» YOUR GOAL
Work through the records below and copy every line that includes "them".

⁂

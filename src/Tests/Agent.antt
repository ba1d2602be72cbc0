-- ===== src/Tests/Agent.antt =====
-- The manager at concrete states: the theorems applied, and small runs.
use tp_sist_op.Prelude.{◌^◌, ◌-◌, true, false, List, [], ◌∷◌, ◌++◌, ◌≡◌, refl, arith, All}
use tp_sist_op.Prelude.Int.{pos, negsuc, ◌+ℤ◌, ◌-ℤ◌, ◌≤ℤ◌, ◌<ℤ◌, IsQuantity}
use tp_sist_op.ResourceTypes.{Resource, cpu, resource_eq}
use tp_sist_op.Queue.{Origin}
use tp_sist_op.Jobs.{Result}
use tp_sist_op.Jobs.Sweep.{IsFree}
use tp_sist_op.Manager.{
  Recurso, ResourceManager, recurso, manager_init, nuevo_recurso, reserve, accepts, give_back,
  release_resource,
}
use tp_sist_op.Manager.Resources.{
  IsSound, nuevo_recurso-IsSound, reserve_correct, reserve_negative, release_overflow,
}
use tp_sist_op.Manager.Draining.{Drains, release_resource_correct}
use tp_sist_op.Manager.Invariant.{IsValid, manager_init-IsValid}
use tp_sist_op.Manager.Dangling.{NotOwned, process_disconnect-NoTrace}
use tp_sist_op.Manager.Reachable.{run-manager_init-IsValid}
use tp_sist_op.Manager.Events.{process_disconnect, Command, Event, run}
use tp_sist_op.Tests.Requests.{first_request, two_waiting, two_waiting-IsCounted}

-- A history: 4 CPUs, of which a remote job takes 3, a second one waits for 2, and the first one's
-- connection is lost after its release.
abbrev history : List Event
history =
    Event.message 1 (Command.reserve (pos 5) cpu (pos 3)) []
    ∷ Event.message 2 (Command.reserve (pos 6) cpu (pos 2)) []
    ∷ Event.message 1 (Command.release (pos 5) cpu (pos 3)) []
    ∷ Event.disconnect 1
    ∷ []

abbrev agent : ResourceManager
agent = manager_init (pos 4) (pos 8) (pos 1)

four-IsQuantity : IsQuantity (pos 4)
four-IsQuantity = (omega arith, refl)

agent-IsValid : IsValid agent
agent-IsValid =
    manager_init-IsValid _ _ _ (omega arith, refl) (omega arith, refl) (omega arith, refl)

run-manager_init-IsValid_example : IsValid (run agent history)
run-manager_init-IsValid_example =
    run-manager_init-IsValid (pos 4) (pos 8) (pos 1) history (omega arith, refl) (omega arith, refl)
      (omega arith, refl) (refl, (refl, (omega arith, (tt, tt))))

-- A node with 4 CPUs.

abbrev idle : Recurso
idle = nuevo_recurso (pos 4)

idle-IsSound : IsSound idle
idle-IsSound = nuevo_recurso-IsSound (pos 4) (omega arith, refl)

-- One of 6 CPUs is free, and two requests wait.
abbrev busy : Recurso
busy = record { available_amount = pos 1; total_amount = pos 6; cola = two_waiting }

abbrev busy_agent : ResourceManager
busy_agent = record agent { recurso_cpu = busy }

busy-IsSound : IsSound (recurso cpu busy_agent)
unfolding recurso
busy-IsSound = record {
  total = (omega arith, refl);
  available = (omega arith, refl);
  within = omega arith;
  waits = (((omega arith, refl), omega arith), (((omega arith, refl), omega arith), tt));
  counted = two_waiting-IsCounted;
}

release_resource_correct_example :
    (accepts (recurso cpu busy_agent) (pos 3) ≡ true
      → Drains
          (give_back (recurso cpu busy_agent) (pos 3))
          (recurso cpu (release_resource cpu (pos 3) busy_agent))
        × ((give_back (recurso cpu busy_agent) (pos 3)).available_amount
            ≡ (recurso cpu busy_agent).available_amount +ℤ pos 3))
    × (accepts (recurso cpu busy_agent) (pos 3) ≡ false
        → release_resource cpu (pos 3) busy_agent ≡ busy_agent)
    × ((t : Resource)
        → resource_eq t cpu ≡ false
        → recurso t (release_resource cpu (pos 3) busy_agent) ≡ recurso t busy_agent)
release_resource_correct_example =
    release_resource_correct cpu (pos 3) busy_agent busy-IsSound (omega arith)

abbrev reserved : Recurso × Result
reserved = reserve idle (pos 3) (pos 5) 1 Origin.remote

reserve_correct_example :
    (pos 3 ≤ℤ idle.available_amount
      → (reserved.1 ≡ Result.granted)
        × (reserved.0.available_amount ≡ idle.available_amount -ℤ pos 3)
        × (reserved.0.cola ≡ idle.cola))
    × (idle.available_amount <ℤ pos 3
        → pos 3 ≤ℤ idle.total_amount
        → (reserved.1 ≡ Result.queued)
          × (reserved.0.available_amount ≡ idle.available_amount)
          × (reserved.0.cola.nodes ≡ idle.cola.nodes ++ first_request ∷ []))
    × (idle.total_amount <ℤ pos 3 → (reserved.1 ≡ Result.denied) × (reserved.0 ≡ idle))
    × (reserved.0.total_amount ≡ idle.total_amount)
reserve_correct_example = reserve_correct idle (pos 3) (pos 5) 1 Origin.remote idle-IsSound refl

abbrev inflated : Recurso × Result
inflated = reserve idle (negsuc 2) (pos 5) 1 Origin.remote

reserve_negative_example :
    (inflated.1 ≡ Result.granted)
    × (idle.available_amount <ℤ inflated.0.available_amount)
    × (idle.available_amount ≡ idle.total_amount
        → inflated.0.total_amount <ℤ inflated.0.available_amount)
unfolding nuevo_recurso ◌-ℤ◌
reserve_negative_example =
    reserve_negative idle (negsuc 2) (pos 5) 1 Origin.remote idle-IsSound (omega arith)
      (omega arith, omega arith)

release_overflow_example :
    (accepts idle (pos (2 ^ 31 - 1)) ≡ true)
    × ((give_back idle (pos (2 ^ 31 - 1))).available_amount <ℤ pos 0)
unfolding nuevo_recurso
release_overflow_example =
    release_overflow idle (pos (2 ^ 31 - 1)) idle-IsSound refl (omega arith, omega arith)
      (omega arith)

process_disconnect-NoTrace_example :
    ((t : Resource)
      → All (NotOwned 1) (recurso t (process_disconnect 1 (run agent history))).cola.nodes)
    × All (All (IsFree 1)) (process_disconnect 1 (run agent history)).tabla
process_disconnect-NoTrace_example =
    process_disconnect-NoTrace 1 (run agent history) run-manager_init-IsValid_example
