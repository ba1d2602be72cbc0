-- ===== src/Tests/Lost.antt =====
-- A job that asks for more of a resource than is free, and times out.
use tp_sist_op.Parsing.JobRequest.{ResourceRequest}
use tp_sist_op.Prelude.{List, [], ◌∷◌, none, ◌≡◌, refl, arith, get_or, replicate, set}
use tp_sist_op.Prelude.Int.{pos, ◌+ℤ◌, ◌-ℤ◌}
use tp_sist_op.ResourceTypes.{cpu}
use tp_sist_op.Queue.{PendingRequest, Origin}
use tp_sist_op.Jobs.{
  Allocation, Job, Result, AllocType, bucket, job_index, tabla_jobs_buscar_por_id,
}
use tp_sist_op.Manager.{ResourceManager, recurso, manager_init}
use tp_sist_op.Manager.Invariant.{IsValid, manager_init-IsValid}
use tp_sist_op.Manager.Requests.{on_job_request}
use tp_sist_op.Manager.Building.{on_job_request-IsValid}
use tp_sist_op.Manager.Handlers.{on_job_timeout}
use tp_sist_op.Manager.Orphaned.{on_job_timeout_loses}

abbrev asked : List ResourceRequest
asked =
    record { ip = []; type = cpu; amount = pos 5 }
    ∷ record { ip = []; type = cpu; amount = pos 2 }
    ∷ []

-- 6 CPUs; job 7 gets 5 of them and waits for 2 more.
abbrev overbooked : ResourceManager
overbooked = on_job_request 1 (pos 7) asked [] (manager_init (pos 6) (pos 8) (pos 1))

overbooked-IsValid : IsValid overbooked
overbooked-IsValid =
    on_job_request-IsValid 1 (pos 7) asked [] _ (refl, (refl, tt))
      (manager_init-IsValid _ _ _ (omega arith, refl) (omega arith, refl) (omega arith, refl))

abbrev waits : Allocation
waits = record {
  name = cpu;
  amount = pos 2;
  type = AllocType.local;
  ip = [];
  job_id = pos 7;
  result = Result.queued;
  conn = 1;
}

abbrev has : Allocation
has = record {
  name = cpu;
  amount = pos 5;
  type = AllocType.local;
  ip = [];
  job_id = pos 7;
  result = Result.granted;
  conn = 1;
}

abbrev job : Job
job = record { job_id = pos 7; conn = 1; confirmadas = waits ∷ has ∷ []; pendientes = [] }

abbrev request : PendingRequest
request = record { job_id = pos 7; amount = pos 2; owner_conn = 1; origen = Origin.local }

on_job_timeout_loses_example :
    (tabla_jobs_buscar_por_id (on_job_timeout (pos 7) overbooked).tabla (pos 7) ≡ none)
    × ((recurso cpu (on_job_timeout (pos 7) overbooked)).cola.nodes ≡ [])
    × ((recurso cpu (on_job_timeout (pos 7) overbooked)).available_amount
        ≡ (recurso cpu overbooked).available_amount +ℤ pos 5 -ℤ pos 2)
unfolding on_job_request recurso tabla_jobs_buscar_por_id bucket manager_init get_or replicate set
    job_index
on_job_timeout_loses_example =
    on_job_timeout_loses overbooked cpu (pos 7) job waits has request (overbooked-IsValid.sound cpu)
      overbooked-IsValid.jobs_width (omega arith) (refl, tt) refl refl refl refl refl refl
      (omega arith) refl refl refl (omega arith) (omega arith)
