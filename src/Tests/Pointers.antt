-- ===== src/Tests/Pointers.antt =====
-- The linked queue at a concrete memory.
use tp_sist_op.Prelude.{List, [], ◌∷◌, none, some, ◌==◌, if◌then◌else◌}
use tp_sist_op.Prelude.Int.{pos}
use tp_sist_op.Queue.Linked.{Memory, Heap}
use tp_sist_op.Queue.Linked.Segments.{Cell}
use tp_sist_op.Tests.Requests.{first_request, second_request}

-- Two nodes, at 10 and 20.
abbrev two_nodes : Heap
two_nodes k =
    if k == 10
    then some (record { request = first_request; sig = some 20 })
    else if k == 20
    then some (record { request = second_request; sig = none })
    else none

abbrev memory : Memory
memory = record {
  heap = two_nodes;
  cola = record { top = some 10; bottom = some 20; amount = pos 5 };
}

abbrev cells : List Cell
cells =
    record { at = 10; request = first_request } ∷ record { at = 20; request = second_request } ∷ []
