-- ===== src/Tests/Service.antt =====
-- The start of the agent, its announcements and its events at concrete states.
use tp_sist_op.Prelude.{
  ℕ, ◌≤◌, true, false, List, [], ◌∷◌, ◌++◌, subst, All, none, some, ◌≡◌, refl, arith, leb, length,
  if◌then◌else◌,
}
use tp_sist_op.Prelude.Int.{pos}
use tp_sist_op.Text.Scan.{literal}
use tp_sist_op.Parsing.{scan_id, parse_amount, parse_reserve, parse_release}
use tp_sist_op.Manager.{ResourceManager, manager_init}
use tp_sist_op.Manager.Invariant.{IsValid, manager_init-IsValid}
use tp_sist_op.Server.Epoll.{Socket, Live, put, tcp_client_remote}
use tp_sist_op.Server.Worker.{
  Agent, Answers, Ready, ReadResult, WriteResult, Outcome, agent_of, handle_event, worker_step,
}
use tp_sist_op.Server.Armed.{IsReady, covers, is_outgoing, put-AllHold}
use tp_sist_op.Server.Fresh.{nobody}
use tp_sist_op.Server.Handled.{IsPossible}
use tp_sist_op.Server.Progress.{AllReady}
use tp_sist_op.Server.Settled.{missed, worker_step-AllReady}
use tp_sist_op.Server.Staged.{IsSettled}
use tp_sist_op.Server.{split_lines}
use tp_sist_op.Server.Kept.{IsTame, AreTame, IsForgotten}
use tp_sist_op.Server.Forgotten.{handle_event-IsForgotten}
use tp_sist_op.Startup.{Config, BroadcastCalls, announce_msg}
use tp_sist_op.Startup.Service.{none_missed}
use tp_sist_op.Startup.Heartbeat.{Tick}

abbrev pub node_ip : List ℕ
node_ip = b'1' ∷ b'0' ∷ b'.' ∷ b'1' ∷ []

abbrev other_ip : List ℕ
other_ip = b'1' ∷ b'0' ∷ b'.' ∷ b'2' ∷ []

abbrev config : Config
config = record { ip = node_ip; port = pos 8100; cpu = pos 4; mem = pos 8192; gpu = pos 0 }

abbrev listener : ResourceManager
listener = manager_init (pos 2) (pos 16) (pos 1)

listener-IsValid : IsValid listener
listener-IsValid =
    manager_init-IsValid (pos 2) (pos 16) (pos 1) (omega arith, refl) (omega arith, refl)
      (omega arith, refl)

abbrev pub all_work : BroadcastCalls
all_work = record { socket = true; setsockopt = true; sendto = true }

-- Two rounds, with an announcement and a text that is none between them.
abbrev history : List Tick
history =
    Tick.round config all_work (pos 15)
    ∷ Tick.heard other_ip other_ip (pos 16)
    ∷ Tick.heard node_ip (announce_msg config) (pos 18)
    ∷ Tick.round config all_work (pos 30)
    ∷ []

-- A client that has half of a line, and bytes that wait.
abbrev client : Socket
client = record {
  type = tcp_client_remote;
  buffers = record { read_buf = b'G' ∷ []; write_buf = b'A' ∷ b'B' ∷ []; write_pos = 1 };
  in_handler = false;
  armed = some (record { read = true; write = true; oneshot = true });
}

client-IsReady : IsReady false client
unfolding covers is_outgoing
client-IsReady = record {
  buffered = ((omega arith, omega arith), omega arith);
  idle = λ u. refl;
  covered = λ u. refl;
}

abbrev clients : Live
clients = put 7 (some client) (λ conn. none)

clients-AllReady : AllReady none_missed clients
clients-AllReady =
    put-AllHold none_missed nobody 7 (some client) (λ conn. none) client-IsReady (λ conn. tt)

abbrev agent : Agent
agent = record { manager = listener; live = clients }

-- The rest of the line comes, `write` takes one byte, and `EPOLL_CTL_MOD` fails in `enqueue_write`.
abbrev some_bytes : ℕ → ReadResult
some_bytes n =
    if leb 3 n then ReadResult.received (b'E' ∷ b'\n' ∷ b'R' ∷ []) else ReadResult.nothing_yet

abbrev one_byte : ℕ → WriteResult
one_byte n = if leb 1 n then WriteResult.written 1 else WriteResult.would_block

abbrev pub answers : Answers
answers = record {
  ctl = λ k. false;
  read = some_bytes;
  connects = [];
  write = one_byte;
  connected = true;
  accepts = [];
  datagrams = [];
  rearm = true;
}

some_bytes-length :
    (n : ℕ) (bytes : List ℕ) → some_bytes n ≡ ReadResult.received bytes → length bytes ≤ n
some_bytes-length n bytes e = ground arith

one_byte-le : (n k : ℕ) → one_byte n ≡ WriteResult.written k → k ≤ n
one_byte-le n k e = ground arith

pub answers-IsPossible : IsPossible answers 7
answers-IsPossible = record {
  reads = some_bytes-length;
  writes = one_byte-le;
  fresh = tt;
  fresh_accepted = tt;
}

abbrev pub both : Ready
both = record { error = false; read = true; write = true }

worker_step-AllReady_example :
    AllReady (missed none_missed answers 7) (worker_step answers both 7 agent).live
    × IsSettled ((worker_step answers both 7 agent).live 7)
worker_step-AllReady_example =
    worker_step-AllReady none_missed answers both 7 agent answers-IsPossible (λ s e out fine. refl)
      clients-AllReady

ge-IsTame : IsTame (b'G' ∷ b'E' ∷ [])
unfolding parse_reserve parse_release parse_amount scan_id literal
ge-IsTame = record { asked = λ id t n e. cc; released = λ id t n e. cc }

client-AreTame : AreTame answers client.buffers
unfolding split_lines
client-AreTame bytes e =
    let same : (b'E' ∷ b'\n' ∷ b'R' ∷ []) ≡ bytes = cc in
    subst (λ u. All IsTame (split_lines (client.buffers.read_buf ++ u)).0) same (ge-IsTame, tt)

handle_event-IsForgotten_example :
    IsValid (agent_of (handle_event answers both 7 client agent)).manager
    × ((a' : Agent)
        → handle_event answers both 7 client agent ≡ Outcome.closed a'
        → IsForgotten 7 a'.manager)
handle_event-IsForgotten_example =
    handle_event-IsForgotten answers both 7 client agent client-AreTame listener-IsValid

⁂

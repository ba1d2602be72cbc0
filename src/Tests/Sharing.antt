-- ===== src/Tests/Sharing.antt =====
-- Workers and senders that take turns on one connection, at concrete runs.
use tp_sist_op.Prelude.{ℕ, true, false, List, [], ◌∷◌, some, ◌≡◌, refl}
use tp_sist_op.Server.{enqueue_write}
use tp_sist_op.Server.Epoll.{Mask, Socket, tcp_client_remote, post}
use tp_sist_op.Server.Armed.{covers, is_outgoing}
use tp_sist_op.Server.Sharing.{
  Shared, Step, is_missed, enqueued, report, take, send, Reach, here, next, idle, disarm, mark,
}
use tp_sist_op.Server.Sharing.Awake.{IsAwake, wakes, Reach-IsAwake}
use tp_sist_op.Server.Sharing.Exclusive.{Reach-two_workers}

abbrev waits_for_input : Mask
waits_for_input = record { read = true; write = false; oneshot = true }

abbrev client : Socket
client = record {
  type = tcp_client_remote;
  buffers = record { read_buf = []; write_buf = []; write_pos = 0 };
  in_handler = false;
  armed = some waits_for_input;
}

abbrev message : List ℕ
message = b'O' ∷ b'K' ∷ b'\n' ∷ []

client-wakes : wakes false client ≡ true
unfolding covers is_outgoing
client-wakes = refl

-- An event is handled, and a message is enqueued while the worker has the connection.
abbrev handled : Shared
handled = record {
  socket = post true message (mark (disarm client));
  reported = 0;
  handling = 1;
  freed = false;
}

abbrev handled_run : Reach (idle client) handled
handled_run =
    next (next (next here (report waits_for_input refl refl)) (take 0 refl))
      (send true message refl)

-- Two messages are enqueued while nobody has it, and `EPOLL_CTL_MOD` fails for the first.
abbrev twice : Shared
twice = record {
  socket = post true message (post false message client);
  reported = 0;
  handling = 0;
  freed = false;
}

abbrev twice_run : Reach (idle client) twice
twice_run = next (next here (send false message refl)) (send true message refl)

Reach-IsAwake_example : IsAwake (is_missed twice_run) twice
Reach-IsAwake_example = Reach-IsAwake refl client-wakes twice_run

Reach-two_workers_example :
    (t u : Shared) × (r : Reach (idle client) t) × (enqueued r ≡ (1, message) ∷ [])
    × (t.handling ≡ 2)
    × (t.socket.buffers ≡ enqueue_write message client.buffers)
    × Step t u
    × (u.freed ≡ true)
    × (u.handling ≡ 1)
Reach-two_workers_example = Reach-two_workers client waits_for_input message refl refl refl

⁂

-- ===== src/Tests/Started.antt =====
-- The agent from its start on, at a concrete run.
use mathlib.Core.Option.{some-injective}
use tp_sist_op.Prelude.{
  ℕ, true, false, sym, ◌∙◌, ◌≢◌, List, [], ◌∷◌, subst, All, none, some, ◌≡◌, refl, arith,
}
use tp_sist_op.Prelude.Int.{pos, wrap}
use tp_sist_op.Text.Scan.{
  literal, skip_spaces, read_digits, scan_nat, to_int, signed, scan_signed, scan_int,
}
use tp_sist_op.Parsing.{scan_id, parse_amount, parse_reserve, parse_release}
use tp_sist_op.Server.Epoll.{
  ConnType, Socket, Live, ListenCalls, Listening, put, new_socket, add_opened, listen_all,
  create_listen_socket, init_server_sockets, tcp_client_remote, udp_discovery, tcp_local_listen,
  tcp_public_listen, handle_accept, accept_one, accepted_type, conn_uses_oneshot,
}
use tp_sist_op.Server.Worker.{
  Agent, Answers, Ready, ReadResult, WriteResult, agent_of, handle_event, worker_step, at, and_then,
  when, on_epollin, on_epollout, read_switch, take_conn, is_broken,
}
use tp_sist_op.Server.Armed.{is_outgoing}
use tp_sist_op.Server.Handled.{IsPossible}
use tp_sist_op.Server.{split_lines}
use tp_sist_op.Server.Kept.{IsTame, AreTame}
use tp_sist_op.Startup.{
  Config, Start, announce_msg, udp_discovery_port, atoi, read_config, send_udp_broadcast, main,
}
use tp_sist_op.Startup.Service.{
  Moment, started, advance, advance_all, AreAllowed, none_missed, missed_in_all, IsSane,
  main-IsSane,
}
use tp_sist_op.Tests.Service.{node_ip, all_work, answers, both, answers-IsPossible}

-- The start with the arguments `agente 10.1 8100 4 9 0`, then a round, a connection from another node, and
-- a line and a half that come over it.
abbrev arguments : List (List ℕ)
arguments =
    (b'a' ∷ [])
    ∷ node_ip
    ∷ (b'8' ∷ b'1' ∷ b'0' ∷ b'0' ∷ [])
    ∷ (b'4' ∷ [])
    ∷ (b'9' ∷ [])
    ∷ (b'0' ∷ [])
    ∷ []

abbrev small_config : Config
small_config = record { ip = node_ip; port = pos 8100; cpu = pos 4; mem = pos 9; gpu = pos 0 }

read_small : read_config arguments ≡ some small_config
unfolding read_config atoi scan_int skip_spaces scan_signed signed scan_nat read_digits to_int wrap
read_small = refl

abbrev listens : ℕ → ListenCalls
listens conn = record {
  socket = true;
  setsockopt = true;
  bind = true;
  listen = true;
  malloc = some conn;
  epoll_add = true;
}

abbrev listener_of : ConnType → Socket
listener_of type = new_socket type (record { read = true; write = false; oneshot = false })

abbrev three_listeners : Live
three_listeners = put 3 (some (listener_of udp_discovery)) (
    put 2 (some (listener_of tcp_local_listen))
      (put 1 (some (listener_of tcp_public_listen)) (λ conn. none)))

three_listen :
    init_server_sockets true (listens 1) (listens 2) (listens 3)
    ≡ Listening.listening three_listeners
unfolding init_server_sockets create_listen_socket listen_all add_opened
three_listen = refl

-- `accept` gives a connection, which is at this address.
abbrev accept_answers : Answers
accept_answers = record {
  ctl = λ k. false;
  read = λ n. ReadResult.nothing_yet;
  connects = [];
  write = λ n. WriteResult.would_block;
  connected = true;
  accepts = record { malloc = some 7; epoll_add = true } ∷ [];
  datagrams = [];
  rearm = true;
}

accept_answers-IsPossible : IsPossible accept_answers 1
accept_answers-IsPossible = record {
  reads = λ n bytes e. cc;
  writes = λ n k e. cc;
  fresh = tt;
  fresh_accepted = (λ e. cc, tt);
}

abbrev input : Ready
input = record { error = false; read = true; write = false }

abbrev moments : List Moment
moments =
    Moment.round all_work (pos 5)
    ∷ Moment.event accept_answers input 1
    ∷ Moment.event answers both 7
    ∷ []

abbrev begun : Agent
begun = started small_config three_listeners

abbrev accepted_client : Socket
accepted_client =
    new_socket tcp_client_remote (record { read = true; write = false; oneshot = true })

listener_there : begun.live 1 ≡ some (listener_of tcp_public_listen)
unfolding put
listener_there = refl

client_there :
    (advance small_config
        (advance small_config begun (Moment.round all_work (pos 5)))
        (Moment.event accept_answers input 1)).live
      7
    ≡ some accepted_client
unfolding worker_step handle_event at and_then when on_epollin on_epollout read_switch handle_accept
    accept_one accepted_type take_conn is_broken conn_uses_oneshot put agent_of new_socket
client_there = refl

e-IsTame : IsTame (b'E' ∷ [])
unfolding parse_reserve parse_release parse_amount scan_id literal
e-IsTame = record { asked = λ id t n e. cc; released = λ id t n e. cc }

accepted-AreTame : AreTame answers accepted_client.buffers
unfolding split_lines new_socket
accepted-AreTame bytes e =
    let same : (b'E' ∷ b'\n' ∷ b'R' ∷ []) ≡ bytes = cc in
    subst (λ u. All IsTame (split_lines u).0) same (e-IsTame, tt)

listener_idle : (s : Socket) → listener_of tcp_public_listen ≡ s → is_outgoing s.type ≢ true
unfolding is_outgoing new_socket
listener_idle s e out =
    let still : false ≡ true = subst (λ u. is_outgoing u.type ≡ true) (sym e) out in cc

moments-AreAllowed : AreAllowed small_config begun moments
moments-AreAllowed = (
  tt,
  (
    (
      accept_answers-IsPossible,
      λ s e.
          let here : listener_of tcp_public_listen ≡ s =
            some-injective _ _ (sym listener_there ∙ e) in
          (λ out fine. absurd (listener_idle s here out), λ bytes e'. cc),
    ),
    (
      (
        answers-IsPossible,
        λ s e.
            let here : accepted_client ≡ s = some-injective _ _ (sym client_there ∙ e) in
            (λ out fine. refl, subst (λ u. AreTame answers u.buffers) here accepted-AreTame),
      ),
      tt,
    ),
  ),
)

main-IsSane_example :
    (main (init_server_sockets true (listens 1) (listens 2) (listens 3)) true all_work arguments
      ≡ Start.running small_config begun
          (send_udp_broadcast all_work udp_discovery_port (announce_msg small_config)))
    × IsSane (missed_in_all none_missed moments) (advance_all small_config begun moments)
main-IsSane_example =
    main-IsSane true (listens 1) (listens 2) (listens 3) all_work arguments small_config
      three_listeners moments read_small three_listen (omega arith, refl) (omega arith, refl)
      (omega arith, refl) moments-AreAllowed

⁂

» EXPECTED ANSWER
-- 6 CPUs; job 7 gets 5 of them and waits for 2 more.
-- Two rounds, with an announcement and a text that is none between them.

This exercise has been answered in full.